Ворча, ушла камеристка.
— Давно уж это. Но я не забыла… Сорок, почитай, лет тому назад… Как пришло время государыне Елисавете кончаться… в тот самый год… тоже гроза поздней осенью грянула… Вот-вот, такая же сильная… И деревья трепались по ветру, и стонало в парке… И дождь хлестал… А молнии… Вот-вот как эти… Помилуй, Господи… Как близко ударило… Грохот какой…
Она полузакрыла руками свои глаза.
Зубов должен был сделать усилие, чтобы преодолеть невольный страх, навеянный воспоминаниями Екатерины, сильным блеском молнии и грохотом громового раската, так некстати грянувшего в этот миг.

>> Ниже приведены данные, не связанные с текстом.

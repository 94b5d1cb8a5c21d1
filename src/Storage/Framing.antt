-- ===== src/Storage/Framing.antt =====
-- The records that `diskStorage` of interactsh-srv/oobsrv/storage.go writes are read back.
use interactsh_lite.Crypto.{Ctr, encrypt_interaction_block}
use interactsh_lite.Storage.{MemoryStorage, hit, touch_if_sliding}
use interactsh_lite.Storage.Disk.{
  Database, put_uint32, uint32, frame, parse_from, parse_records, append_disk, drained, drain_disk,
}
use mathlib.Core.List.{append_assoc, append-nil}
use interactsh_lite.Prelude.{
  ℕ, zero, suc, ◌/◌, ◌%◌, ◌^◌, ◌≤◌, ◌<◌, Bool, true, false, Option, none, some, List, [], ◌∷◌, ◌++◌,
  if◌then◌else◌, ltb, Bytes, length, take, drop, All, All-append, ◌⊎◌, inl, inr, lookup, insert,
  remove, lookup-insert_self, lookup-remove, length-append, take-length-append, drop-length-append,
  get_or, ◌≡◌, refl, sym, ap, ◌∙◌, arith, equal_refl,
}

abbrev pub frames : List Bytes → Bytes
frames [] = []
frames (r ∷ rs) = frame r ++ frames rs

-- A length that the prefix holds.
abbrev pub IsShort : Bytes → Type 0
IsShort r = length r < 2 ^ 32

frames-append : (rs : List Bytes) (r : Bytes) → frames (rs ++ (r ∷ [])) ≡ frames rs ++ frame r
frames-append [] r = append-nil (frame r)
frames-append (q ∷ rs) r =
    ap (λ x. frame q ++ x) (frames-append rs r) ∙ sym (append_assoc (frame q) (frames rs) (frame r))

uint32-put_uint32 :
    (n : ℕ)
    → n < 2 ^ 32
    → let v = n % 2 ^ 32 in uint32 (v / 2 ^ 24) (v / 2 ^ 16 % 256) (v / 2 ^ 8 % 256) (v % 256) ≡ n
unfolding uint32
uint32-put_uint32 n h = omega (arith, h)

parse_from-frame :
    (f : ℕ) (r rest : Bytes)
    → IsShort r
    → parse_from (suc f) (frame r ++ rest) ≡ r ∷ parse_from f rest
unfolding parse_from frame put_uint32
parse_from-frame f r rest h =
    let n = length r in
    let same = uint32-put_uint32 n h in
    let read = λ (k : ℕ).
      if ltb (length (r ++ rest)) k
      then []
      else take k (r ++ rest) ∷ parse_from f (drop k (r ++ rest)) in
    let fits : ltb (length (r ++ rest)) n ≡ false = ground (arith, length-append r rest) in
    ap read same
    ∙ ap (λ (b : Bool). if b then [] else take n (r ++ rest) ∷ parse_from f (drop n (r ++ rest)))
        fits
    ∙ ap (λ x. x ∷ parse_from f (drop n (r ++ rest))) (take-length-append r rest)
    ∙ ap (λ x. r ∷ parse_from f x) (drop-length-append r rest)

parse_from-frames :
    (f : ℕ) (rs : List Bytes) → length rs ≤ f → All IsShort rs → parse_from f (frames rs) ≡ rs
unfolding parse_from
parse_from-frames zero [] l h = refl
parse_from-frames (suc f) [] l h = refl
parse_from-frames zero (r ∷ rs) l h = absurd (omega (arith, l))
parse_from-frames (suc f) (r ∷ rs) l (s, ss) =
    parse_from-frame f r (frames rs) s ∙ ap (◌∷◌ r) (parse_from-frames f rs (omega (arith, l)) ss)

frames_long : (rs : List Bytes) → length rs ≤ length (frames rs)
unfolding frame put_uint32
frames_long [] = omega arith
frames_long (r ∷ rs) = omega (arith, frames_long rs, length-append r (frames rs))

-- Records of fewer than 2^32 bytes are parsed as they were framed, in order and to the last.
pub parse_records-frames : (rs : List Bytes) → All IsShort rs → parse_records (frames rs) ≡ rs
unfolding parse_records
parse_records-frames rs h = parse_from-frames (length (frames rs)) rs (frames_long rs) h

-- The records under an ID: none are kept as no value.
abbrev pub Holds : Bytes → List Bytes → Database → Type 0
Holds id [] db = (lookup id db ≡ none) ⊎ (lookup id db ≡ some [])
Holds id (r ∷ rs) db = lookup id db ≡ some (frames (r ∷ rs))

Holds-frames :
    (id : Bytes) (rs : List Bytes) (db : Database)
    → Holds id rs db
    → get_or [] (lookup id db) ≡ frames rs
Holds-frames id [] db (inl e) = ap (get_or []) e
Holds-frames id [] db (inr e) = ap (get_or []) e
Holds-frames id (r ∷ rs) db e = ap (get_or []) e

touched_hook :
    (p now : ℕ) (m : MemoryStorage Database) → (touch_if_sliding p now (hit m)).hook ≡ m.hook
unfolding touch_if_sliding
touched_hook p now m = ground arith

module _ (ctr : Ctr) where
  append_disk_hook :
      (id interaction encrypted : Bytes) (random : Option Bytes) (now p : ℕ) (rs : List Bytes)
      (m : MemoryStorage Database)
      → lookup id m.sessions ≡ some p
      → encrypt_interaction_block ctr random interaction (m.heap p).aes_block ≡ some encrypted
      → Holds id rs m.hook
      → (append_disk ctr id interaction random now false true m).hook
        ≡ insert id (frames (rs ++ (encrypted ∷ []))) m.hook
  unfolding append_disk
  append_disk_hook id interaction encrypted random now p rs m s e h =
      rw (append_disk, s, e)
        (ap (λ db. insert id (get_or [] (lookup id db) ++ frame encrypted) db)
            (touched_hook p now m)
          ∙ ap (λ x. insert id (x ++ frame encrypted) m.hook) (Holds-frames id rs m.hook h)
          ∙ ap (λ x. insert id x m.hook) (sym (frames-append rs encrypted)))

  drain_found :
      (id found : Bytes) (db : Database)
      → lookup id db ≡ some found
      → drain_disk false false id db ≡ (drained (parse_records found), remove id db)
  unfolding drain_disk
  drain_found id found db e = rw (drain_disk, e) refl

  -- An interaction that is appended to a session on disk comes back last, behind all that were
  -- there, when the session is drained, and nothing is left of them; LevelDB fails at no call, and
  -- no record has 2^32 bytes.
  pub drain_disk-append_disk :
      (id interaction encrypted : Bytes) (random : Option Bytes) (now p : ℕ) (rs : List Bytes)
      (m : MemoryStorage Database)
      → lookup id m.sessions ≡ some p
      → encrypt_interaction_block ctr random interaction (m.heap p).aes_block ≡ some encrypted
      → Holds id rs m.hook
      → All IsShort rs
      → IsShort encrypted
      → let db = (append_disk ctr id interaction random now false true m).hook in
        let (result, db') = drain_disk false false id db in
        (result ≡ drained (rs ++ (encrypted ∷ []))) × (lookup id db' ≡ none)
  drain_disk-append_disk id interaction encrypted random now p rs m s e h short last =
      let all = rs ++ (encrypted ∷ []) in
      let db = insert id (frames all) m.hook in
      let same = append_disk_hook id interaction encrypted random now p rs m s e h in
      let found = drain_found id (frames all) db (lookup-insert_self id (frames all) m.hook) in
      let x = ap (drain_disk false false id) same ∙ found in
      (
        ap (λ y. y.0) x
            ∙ ap drained (parse_records-frames all (All-append IsShort rs _ short (last, tt))),
        ap (λ y. lookup id y.1) x
            ∙ lookup-remove id id db
            ∙ ap (λ (b : Bool). if b then none else lookup id db) (equal_refl id),
      )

Но он сейчас же громко, хотя наполовину вынужденно, расхохотался:
— Ваше величество, ужли ж вы забыли опыты скромного друга вашего с электрическим спектаклем, который сейчас столь пугает вашу расстроенную душу? Не желаю покидать вашего величества. Не уйду от тебя, матушка. А то бы можно спустить мой змей золоченый. Вот бы искр принесло! Что осенью гроза, тоже понятно. Лето позднее стояло, жаркое. Осень теплая необычно. И собралось довольно зарядов в облаках наверху и в земле. Вот и чудо все. Быть может, так оно случилось и в год смерти той покойной государыни.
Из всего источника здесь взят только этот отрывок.